On the track bar, is the a small shock like thing?


----------



## Vaughn Schultz (Nov 18, 2004)

Some of us have come to call it the DEATH WOBBLE


----------



## SnoFarmer (Oct 15, 2004)

clapper&Company;419618 said:


> On the track bar, is the a small shock like thing?


The track bar is located..
One end is mounted to the frame on the drivers side
and the other end goes to the axle on the passengers side.

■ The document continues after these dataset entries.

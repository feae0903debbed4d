-- ===== src/Tests/Unit.antt =====
-- The repository's own unit tests, run on the definitions.
mod Frames
mod Domains
pub mod Routes
mod Networks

The steering stabilizer is the shock like thing-a-ma-bob.

I bet it's the track bar.
You can do-it-your self(replace) if your warrenty does not cover it.


----------



## fms (Nov 8, 2005)

I'd be a little concerned about that dealer. I have an 03' 3/4 ton with the Hemi. The death wobble happened about three month into owning the truck. The dealer knew exactly what the problem was and had it fixed under warranty. I haven't had the problem since.


----------



## Plow Dude (Jan 21, 2005)

I have an 05' that had the same problem. They replaced the stabilizer bar and shocks. I also have a 97' Ram and just the other day driving down the highway almost died after I hit a bump pulling a 24' enclosed trailer and it shook so violently that I had locked up the brakes and had to pull over to the shoulder during rush hour. Scared the hell out of my employees too. I am very scared to drive that truck everyday.


----------



## JohnsonLawn (Jul 9, 2004)

I had the same exact problem, but with a Chevy truck. I had everything replaced as mentioned and it turned out to be a bad front tire with a faulty steel belt. I only found out after the belt completely let go and I had a bubble on the sidewall. Got 2 new front tires and have not had the problem since.


----------



## bltp203 (Nov 5, 2006)

I just had the exact same thing happen to me just last week after owning the truck for a year. However, it was soon after I switched to my winter set of tires/rims. I bought the tires used so I am prettey sure that is where the problem is. However, every truck is different. Here is the order I would check things out.

1.) balance wheels
2.) get alignment
3.) check track bar
4.) replace front tires

Death Wobble is usually from one or a combination of the above items.


----------



## wild bill (Feb 10, 2007)

*shake rattle roll*

sound's like shock's,my old man just about rolled rolled his truck with a trailer on a wash boarded road, put monroe reflex shock's on it and fixed it


----------



## bltp203 (Nov 5, 2006)

Here is a link to a discussion on Death Wobble on 3rd Gen Trucks.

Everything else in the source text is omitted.